Data supplied –
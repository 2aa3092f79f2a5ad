-- ===== src/Validate/Counts.antt =====
-- The counters of a validation, against the rows that were read and the failures listed.
use market_replay.Prelude.{
  ℕ, ◌+◌, String, Bool, true, false, not, Option-cases, List, [], ◌∷◌, ◌++◌, none, some, ◌≡◌, arith,
  ◌==◌, length, count, length-append, count-append, Option, if-elim, inl, inr,
}
use market_replay.Prelude.Int.{ℤ, inc64, ltb_ℤ, leb_ℤ, eqb_ℤ, tally, inc64-tally, tally-zero}
use market_replay.Prelude.Dict.{lookup}
use market_replay.Event.{MarketEvent, Message, ValidationFailure, event_time_millis}
use market_replay.Parser.Record.{Record}
use market_replay.Validate.{
  Validator, new_validator, add_failure, note_gap, note_misorder, check_time_after, check_time,
  check_depth_after, check_depth_sequence, check_trade_after, check_trade_sequence, check_sequence,
  process, process_all, filtered_out,
}
use market_replay.Validate.Effects.{entered}

-- The number of listed failures of a kind.
abbrev pub of_kind : String → List ValidationFailure → ℕ
of_kind kind = count (λ f. f.type == kind)

-- Counters of malformed rows, gaps and misorders that agree with a list of failures: each is the
-- number listed under its kind, and there is no other kind.
pub record Tally (malformed gaps misorders : ℤ) (fs : List ValidationFailure) : Type 0 where
  pub malformed_tally : malformed ≡ tally (of_kind "malformed" fs)
  pub gaps_tally : gaps ≡ tally (of_kind "sequence_gap" fs)
  pub misorders_tally : misorders ≡ tally (of_kind "ordering" fs)
  pub total : length fs ≡ of_kind "malformed" fs + of_kind "sequence_gap" fs + of_kind "ordering" fs

of_kind-concat :
    (kind : String) (fs : List ValidationFailure) (f : ValidationFailure)
    → of_kind kind (fs ++ f ∷ [])
      ≡ of_kind kind fs + (elim (f.type == kind) [ true ↦ 1 | false ↦ 0 ])
of_kind-concat kind fs f = omega (arith, count-append (λ f. f.type == kind) fs (f ∷ []))

module _ {m g o : ℤ} {fs : List ValidationFailure} (t : Tally m g o fs) (at_line : ℤ) (s : String)
    (msg : Message) where
  abbrev one : String → ValidationFailure
  one kind = record { line = at_line; symbol = s; type = kind; message = msg }

  pub Tally-malformed : Tally (inc64 m) g o (fs ++ one "malformed" ∷ [])
  Tally-malformed = ground (
    arith,
    inc64-tally (of_kind "malformed" fs),
    of_kind-concat "malformed" fs (one "malformed"),
    of_kind-concat "sequence_gap" fs (one "malformed"),
    of_kind-concat "ordering" fs (one "malformed"),
    length-append fs (one "malformed" ∷ []),
  )

  pub Tally-gap : Tally m (inc64 g) o (fs ++ one "sequence_gap" ∷ [])
  Tally-gap = ground (
    arith,
    inc64-tally (of_kind "sequence_gap" fs),
    of_kind-concat "malformed" fs (one "sequence_gap"),
    of_kind-concat "sequence_gap" fs (one "sequence_gap"),
    of_kind-concat "ordering" fs (one "sequence_gap"),
    length-append fs (one "sequence_gap" ∷ []),
  )

  pub Tally-misorder : Tally m g (inc64 o) (fs ++ one "ordering" ∷ [])
  Tally-misorder = ground (
    arith,
    inc64-tally (of_kind "ordering" fs),
    of_kind-concat "malformed" fs (one "ordering"),
    of_kind-concat "sequence_gap" fs (one "ordering"),
    of_kind-concat "ordering" fs (one "ordering"),
    length-append fs (one "ordering" ∷ []),
  )

abbrev pub Tallied : Validator → Type 0
Tallied v =
    Tally v.result.malformed_events v.result.sequence_gaps v.result.ordering_failures
      v.result.failures

pub new_validator-Tallied : (s : String) (now : ℤ) → Tallied (new_validator s now)
unfolding new_validator
new_validator-Tallied s now = ground (arith, tally-zero)

note_gap-Tallied :
    (b : Bool) (ev : MarketEvent) (m : String) (v : Validator)
    → Tallied v
    → Tallied (note_gap b ev m v)
unfolding note_gap
note_gap-Tallied true ev m v t = Tally-gap t _ _ _
note_gap-Tallied false ev m v t = t

note_misorder-Tallied :
    (b : Bool) (ev : MarketEvent) (m : String) (v : Validator)
    → Tallied v
    → Tallied (note_misorder b ev m v)
unfolding note_misorder
note_misorder-Tallied true ev m v t = Tally-misorder t _ _ _
note_misorder-Tallied false ev m v t = t

check_time_after-Tallied :
    (v : Validator) (ev : MarketEvent) (last : Option ℤ)
    → Tallied v
    → Tallied (check_time_after v ev last)
unfolding check_time_after
check_time_after-Tallied v ev none t = t
check_time_after-Tallied v ev (some last) t = if-elim Tallied _ noted noted
  where
    noted : Tallied (
        note_misorder
          (ltb_ℤ (event_time_millis ev) last)
          ev
          "event_time moved backwards for symbol"
          v)
    noted = note_misorder-Tallied _ ev _ v t

check_depth_after-Tallied :
    (v : Validator) (ev : MarketEvent) (last : Option ℤ)
    → Tallied v
    → Tallied (check_depth_after v ev last)
unfolding check_depth_after
check_depth_after-Tallied v ev none t = t
check_depth_after-Tallied v ev (some last) t = if-elim Tallied _ noted noted
  where
    gapped : Validator
    gapped =
        note_gap (not (eqb_ℤ ev.first_update_id (inc64 last))) ev
          "depth first_update_id does not continue after prior final_update_id" v

    noted : Tallied (
        note_misorder
          (leb_ℤ ev.final_update_id last)
          ev
          "depth final_update_id did not increase"
          gapped)
    noted = note_misorder-Tallied _ ev _ gapped (note_gap-Tallied _ ev _ v t)

check_trade_after-Tallied :
    (v : Validator) (ev : MarketEvent) (last : Option ℤ)
    → Tallied v
    → Tallied (check_trade_after v ev last)
unfolding check_trade_after
check_trade_after-Tallied v ev none t = t
check_trade_after-Tallied v ev (some last) t = if-elim Tallied _ noted noted
  where
    gapped : Validator
    gapped = note_gap (not (eqb_ℤ ev.trade_id (inc64 last))) ev "trade_id is not contiguous" v

    noted : Tallied (note_misorder (leb_ℤ ev.trade_id last) ev "trade_id did not increase" gapped)
    noted = note_misorder-Tallied _ ev _ gapped (note_gap-Tallied _ ev _ v t)

check_sequence-Tallied :
    (v : Validator) (ev : MarketEvent) → Tallied v → Tallied (check_sequence v ev)
unfolding check_sequence check_depth_sequence check_trade_sequence
check_sequence-Tallied v ev t = ground (
  arith,
  check_depth_after-Tallied v ev (lookup ev.symbol v.last_depth) t,
  check_trade_after-Tallied v ev (lookup ev.symbol v.last_trade) t,
)

process-Tallied : (v : Validator) (r : Record) → Tallied v → Tallied (process v r)
unfolding process check_time add_failure
process-Tallied v r t = elim (Option-cases r.err) [
  | inl e ↦
      rw (e, process)
        (if-elim Tallied (filtered_out v.opts_symbol r.event) {x = read} t (
          check_sequence-Tallied (check_time (entered v r.event) r.event) r.event
            (check_time_after-Tallied (entered v r.event) r.event _ t)))
  | inr (x, e) ↦ rw (e, process) (Tally-malformed t _ _ _)
]
  where
    read : Validator
    read = record v { result = record (v.result) { rows = inc64 v.result.rows } }

process_all-Tallied : (v : Validator) (rs : List Record) → Tallied v → Tallied (process_all v rs)
unfolding process_all
process_all-Tallied v [] t = t
process_all-Tallied v (r ∷ rs) t = process_all-Tallied (process v r) rs (process-Tallied v r t)

-- After any rows, a new validator's counters of malformed rows, sequence gaps and ordering failures
-- are (as int64 counters) the numbers of failures listed under those kinds, and every listed failure
-- is of one of the three kinds.
pub validation-Tallied :
    (symbol : String) (now : ℤ) (rs : List Record)
    → Tallied (process_all (new_validator symbol now) rs)
validation-Tallied symbol now rs = process_all-Tallied _ rs (new_validator-Tallied symbol now)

Required work – Note how many lines in the listing above hold the string "read", then give only that figure.

Response – 4